= Robert Mertens =

German herpetologist

Robert Friedrich Wilhelm Mertens (1 December 1894 – 23 August 1975) was a German herpetologist. Several taxa of reptiles are named after him. He postulated Mertensian mimicry.

Mertens was born in Saint Petersburg, Russia. He moved to Germany in 1912, where he earned a doctorate in zoology from the University of Leipzig in 1915. During World War I, he served in the German army.

Mertens worked at the Senckenberg Museum in Frankfurt for many years, beginning as an assistant in 1919, and retiring as director emeritus in 1960. He also became a lecturer at Goethe University Frankfurt in 1932, and became a Professor there in 1939. Both jobs provided him with ample time for extensive travel and the study of lizards. He collected specimens in 30 countries.

During World War II, he evacuated most of the collections of the Senckenberg Museum to small towns. He also had German soldiers who were fighting overseas collect and ship specimens to him.

He was the author of several books on zoology, including La Vie des Amphibiens et Reptiles (1959). Mertens described at least 64 reptile species, and numerous amphibian species.
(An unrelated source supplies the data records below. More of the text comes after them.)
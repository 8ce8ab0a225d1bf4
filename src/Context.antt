-- ===== src/Context.antt =====
-- services/context-memory-service: the current task snapshots and the transactional outbox.
-- `Models` has the rows and the requests (models.py, schemas.py), `Repository` and `Outbox` the
-- operations (repository.py), `Api` the endpoints (main.py); the other modules prove their properties.
pub mod Models
pub mod Repository
pub mod Outbox
pub mod Calls
pub mod Api
pub mod Transitions
pub mod History
pub mod Patch
pub mod Leases
pub mod Exclusive
pub mod Claims
pub mod Rows
pub mod Attempts
pub mod Typed
mod Examples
Nine species and two subspecies of reptiles have been named after Mertens: Amblyrhynchus cristatus mertensi (San Cristóbal Marine Iguana), Amphisbaena roberti (Robert's worm lizard), Chalcides mertensi (Algerian three-toed skink), Cryptoblepharus mertensi (Mertens' snake-eyed skink), Erythrolamprus mertensi (Mertens' tropical forest snake), Liolaemus robertmertensi (Robert's tree iguana), Micrurus mertensi (Mertens' coral snake), Phalotris mertensi (Mertens' lizard-eating snake), Phelsuma robertmertensi (Mertens' day gecko), Tropidoclonion lineatum mertensi (Mertens' lined snake), and Varanus mertensi (Mertens' water monitor). Also Vanderhorstia mertensi (Mertens' shrimp goby) has been named after him.
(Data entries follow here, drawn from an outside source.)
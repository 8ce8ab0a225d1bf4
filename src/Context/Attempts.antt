-- ===== src/Context/Attempts.antt =====
-- The history of an event's claims, and what the event's row holds of it
-- (services/context-memory-service/src/context_memory_service/repository.py).
use mathlib.Core.Path.{subst}
use control_architecture.Base.{
  ℕ, suc, ◌+◌, ◌≤◌, String, true, false, Option, none, some, List, [], ◌∷◌, ◌++◌, ◌≡◌, ◌≢◌, ◌⊎◌,
  inl, inr, refl, sym, ◌∙◌, arith, string_eq, if◌then◌else◌, is_in, exists, update, length, All,
  All-append, All-update, All-map, Bool-cases, exists-append, exists-update,
}
use control_architecture.Contracts.Literals.{OutboxStatus}
use control_architecture.Contracts.Envelopes.{Time}
use control_architecture.Context.Models.{
  Task, OutboxEvent, Database, empty_database, TaskCreateRequest, TaskStatePatchRequest,
}
use control_architecture.Context.Repository.{
  Tokens, create_task, new_task, created_event, violates_unique, same_state, has_event_id,
  changed_event, patch_found, patch_lookup, update_task_state, get_task,
}
use control_architecture.Context.Outbox.{
  claimed, completed, failed, selected, event_ids, claim_outbox_events, complete_outbox_event,
  fail_outbox_event, change_found, get_outbox_event,
}
use control_architecture.Context.Calls.{Operation, step, run}
use control_architecture.Context.Leases.{selected-exists, event_ids-claimed}

-- The times of the claims that have returned each event, the latest first.
abbrev pub History : Type 0
History = String → List Time

abbrev note_claim : Time → List String → History → History
note_claim now ids h id = if is_in id ids then now ∷ h id else h id

-- A claim is noted for the events that it returns.
unfoldable noted : Operation → Database → History → History
noted (Operation.claim now limit lease) d h =
    note_claim now (event_ids (claim_outbox_events now limit lease d).0) h
noted _ d h = h

unfoldable note_all : List Operation → Database → History → History
unfolding noted
note_all [] d h = h
note_all (o ∷ r) d h = note_all r (step o d) (noted o d h)

-- The claims that return each event in a run.
unfoldable pub claim_history : List Operation → History
unfolding note_all
claim_history ops = note_all ops empty_database (λ id. [])

-- How many of the operations are claims.
unfoldable pub claims : List Operation → ℕ
claims [] = 0
claims (Operation.claim now limit lease ∷ r) = suc (claims r)
claims (_ ∷ r) = claims r

-- An event in progress holds the time of the last claim that returned it.
abbrev IsLeased : List Time → OutboxEvent → Type 0
IsLeased times e =
    (e.status ≢ OutboxStatus.in_progress)
    ⊎ ((t : Time) × (r : List Time) × (times ≡ t ∷ r) × (e.claimed_at ≡ some t))

-- A row counts the claims that returned its event.
abbrev pub IsRecorded : History → OutboxEvent → Type 0
IsRecorded h e = (e.attempt_count ≡ length (h e.event_id)) × IsLeased (h e.event_id) e

-- A row has what is recorded of it, and an event that is not in the outbox was never returned.
record IsTracked (h : History) (d : Database) : Type 0 where
  rows : All (IsRecorded h) d.outbox
  fresh : (id : String) → exists (has_event_id id) d.outbox ≡ false → h id ≡ []

absent_before :
    (id : String) (xs ys : List OutboxEvent)
    → exists (has_event_id id) (xs ++ ys) ≡ false
    → exists (has_event_id id) xs ≡ false
absent_before id xs ys h = elim (Bool-cases (exists (has_event_id id) xs)) [
  | inl there ↦ cc (h, exists-append (has_event_id id) xs ys there)
  | inr absent ↦ absent
]

module _ (h : History) (d : Database) (k : IsTracked h d) where
  -- A new event, which no claim has returned.
  added :
      (ts : List Task) (e : OutboxEvent)
      → exists (has_event_id e.event_id) d.outbox ≡ false
      → e.attempt_count ≡ 0
      → e.status ≡ OutboxStatus.pending
      → IsTracked h (record { tasks = ts; outbox = d.outbox ++ e ∷ [] })
  added ts e free zero pending = record {
    rows =
        All-append (IsRecorded h) d.outbox (e ∷ []) k.rows
          ((rw (k.fresh e.event_id free) zero, inl (λ q. cc (pending, q))), tt);
    fresh = λ id absent. k.fresh id (absent_before id d.outbox (e ∷ []) absent);
  }

  change-IsTracked :
      (i : String) (f : OutboxEvent → OutboxEvent) (o : Option OutboxEvent)
      → ((e : OutboxEvent) → (f e).event_id ≡ e.event_id)
      → ((e : OutboxEvent) → IsRecorded h e → IsRecorded h (f e))
      → IsTracked h (change_found i f o d).1
  unfolding change_found
  change-IsTracked i f none same keep = k
  change-IsTracked i f (some e) same keep = record {
    rows = All-update (IsRecorded h) (has_event_id i) f d.outbox keep k.rows;
    fresh = λ id absent. k.fresh id (
        sym (exists-update (has_event_id i) (has_event_id id) f d.outbox (λ x. rw (same x) refl))
        ∙ absent);
  }

  create-IsTracked :
      (now : Time) (tokens : Tokens) (p : TaskCreateRequest)
      → IsTracked h (create_task now tokens p d).1
  unfolding create_task violates_unique created_event
  create-IsTracked now tokens p =
      let t = new_task now tokens p in
      let e = created_event now tokens p t in
      elim (Bool-cases (violates_unique d t e)) [
        | inl taken ↦ rw taken k
        | inr free ↦ rw free (
            added (d.tasks ++ t ∷ []) e
              (let absent : exists (has_event_id e.event_id) d.outbox ≡ false =
                  ground (arith, free) in
                absent)
              refl refl)
      ]

  patch-IsTracked :
      (now : Time) (tokens : Tokens) (i : String) (p : TaskStatePatchRequest) (o : Option Task)
      → IsTracked h (patch_lookup now tokens i p o d).1
  unfolding patch_lookup patch_found changed_event
  patch-IsTracked now tokens i p none = k
  patch-IsTracked now tokens i p (some t) =
      let e = changed_event now tokens p t in
      elim (Bool-cases (same_state p t)) [
        | inl same ↦ rw same k
        | inr other ↦ elim (Bool-cases (exists (has_event_id e.event_id) d.outbox)) [
          | inl taken ↦ rw (other, taken) k
          | inr free ↦ rw (other, free) (added _ e free refl refl)
        ]
      ]

claimed_row :
    (now : Time) (ids : List String) (h : History) (x : OutboxEvent)
    → is_in x.event_id ids ≡ true
    → IsRecorded h x
    → IsRecorded (note_claim now ids h) (claimed now x)
claimed_row now ids h x taken k =
    (rw taken (omega (arith, k.0)), inr (now, h x.event_id, rw taken refl, refl))

kept_row :
    (now : Time) (ids : List String) (h : History) (x : OutboxEvent)
    → is_in x.event_id ids ≡ false
    → IsRecorded h x
    → IsRecorded (note_claim now ids h) x
kept_row now ids h x free k = rw free k

claimed_rows :
    (now : Time) (ids : List String) (h : History) (xs : List OutboxEvent)
    → All (IsRecorded h) xs
    → All (IsRecorded (note_claim now ids h)) (update (λ e. is_in e.event_id ids) (claimed now) xs)
unfolding update
claimed_rows now ids h [] k = tt
claimed_rows now ids h (x ∷ xs) k =
    let rest = claimed_rows now ids h xs k.1 in
    elim (Bool-cases (is_in x.event_id ids)) [
      | inl taken ↦ (
        subst (λ b. IsRecorded (note_claim now ids h) (if b then claimed now x else x)) (sym taken)
            (claimed_row now ids h x taken k.0),
        rest,
      )
      | inr free ↦ (
        subst (λ b. IsRecorded (note_claim now ids h) (if b then claimed now x else x)) (sym free)
            (kept_row now ids h x free k.0),
        rest,
      )
    ]

claim-IsTracked :
    (now : Time) (limit lease : ℕ) (h : History) (d : Database)
    → IsTracked h d
    → IsTracked
        (noted (Operation.claim now limit lease) d h)
        (claim_outbox_events now limit lease d).1
unfolding claim_outbox_events noted
claim-IsTracked now limit lease h d k =
    let taken = selected now limit lease d in
    let ids = event_ids taken in
    subst
      (λ returned. IsTracked (note_claim now returned h) (claim_outbox_events now limit lease d).1)
      (sym (event_ids-claimed now taken))
      (record {
        rows = claimed_rows now ids h d.outbox k.rows;
        fresh = λ id absent.
            let gone =
              sym (
                exists-update (λ e. is_in e.event_id ids) (has_event_id id) (claimed now) d.outbox
                  (λ e. refl))
              ∙ absent in
            elim (Bool-cases (is_in id ids)) [
              | inl named ↦ cc (gone, selected-exists now limit lease d id named)
              | inr other ↦ rw other (k.fresh id gone)
            ];
      })

step-IsTracked :
    (o : Operation) (h : History) (d : Database)
    → IsTracked h d
    → IsTracked (noted o d h) (step o d)
unfolding step noted update_task_state complete_outbox_event fail_outbox_event failed
step-IsTracked (Operation.create now tokens p) h d k = create-IsTracked h d k now tokens p
step-IsTracked (Operation.patch now tokens i p) h d k =
    patch-IsTracked h d k now tokens i p (get_task i d)
step-IsTracked (Operation.claim now limit lease) h d k = claim-IsTracked now limit lease h d k
step-IsTracked (Operation.complete now i) h d k =
    change-IsTracked h d k i (completed now) (get_outbox_event i d) (λ e. refl)
      (λ e r. (r.0, inl (λ q. cc q)))
step-IsTracked (Operation.fail now i message) h d k =
    change-IsTracked h d k i (failed now message) (get_outbox_event i d) (λ e. refl)
      (λ e r. (r.0, inl (λ q. cc q)))

run-IsTracked :
    (ops : List Operation) (h : History) (d : Database)
    → IsTracked h d
    → IsTracked (note_all ops d h) (run ops d)
unfolding run note_all
run-IsTracked [] h d k = k
run-IsTracked (o ∷ r) h d k = run-IsTracked r (noted o d h) (step o d) (step-IsTracked o h d k)

-- An operation that is no claim notes nothing, and a claim notes one time at most.
length-note_all :
    (ops : List Operation) (d : Database) (h : History) (id : String)
    → length (note_all ops d h id) ≤ claims ops + length (h id)
unfolding note_all noted claims
length-note_all [] d h id = omega arith
length-note_all (Operation.create now tokens p ∷ r) d h id = length-note_all r _ h id
length-note_all (Operation.patch now tokens i p ∷ r) d h id = length-note_all r _ h id
length-note_all (Operation.claim now limit lease ∷ r) d h id =
    let o = Operation.claim now limit lease in
    let rest = length-note_all r (step o d) (noted o d h) id in ground (arith, rest)
length-note_all (Operation.complete now i ∷ r) d h id = length-note_all r _ h id
length-note_all (Operation.fail now i message ∷ r) d h id = length-note_all r _ h id

-- After any operations an event's count of attempts is the number of the claims that returned it, which
-- is at most the number of all claims, and an event in progress holds the time of the last claim that
-- returned it.
pub run-IsRecorded :
    (ops : List Operation)
    → All
        (λ e. IsRecorded (claim_history ops) e × (e.attempt_count ≤ claims ops))
        (run ops empty_database).outbox
unfolding claim_history
run-IsRecorded ops =
    let t =
      run-IsTracked ops (λ id. []) empty_database (record { rows = tt; fresh = λ id q. refl }) in
    All-map (IsRecorded (claim_history ops)) _ _
      (λ e r. (r, omega (arith, r.0, length-note_all ops empty_database (λ id. []) e.event_id)))
      t.rows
Mertens died after being bitten while feeding his pet savanna twigsnake, Thelotornis capensis. Because no applicable antivenom existed at that time, he suffered for 18 days before dying. He kept a diary of his deteriorating condition, noting that it was the "für einen Herpetologen einzig angemessene Ende" (the only appropriate demise for a herpetologist).

The death of Robert Mertens parallels that of another well known herpetologist, Karl Patterson Schmidt, almost 20 years earlier. Each was a herpetologist, each was bitten by a venomous colubrid native to Africa, and each documented his symptoms until his death.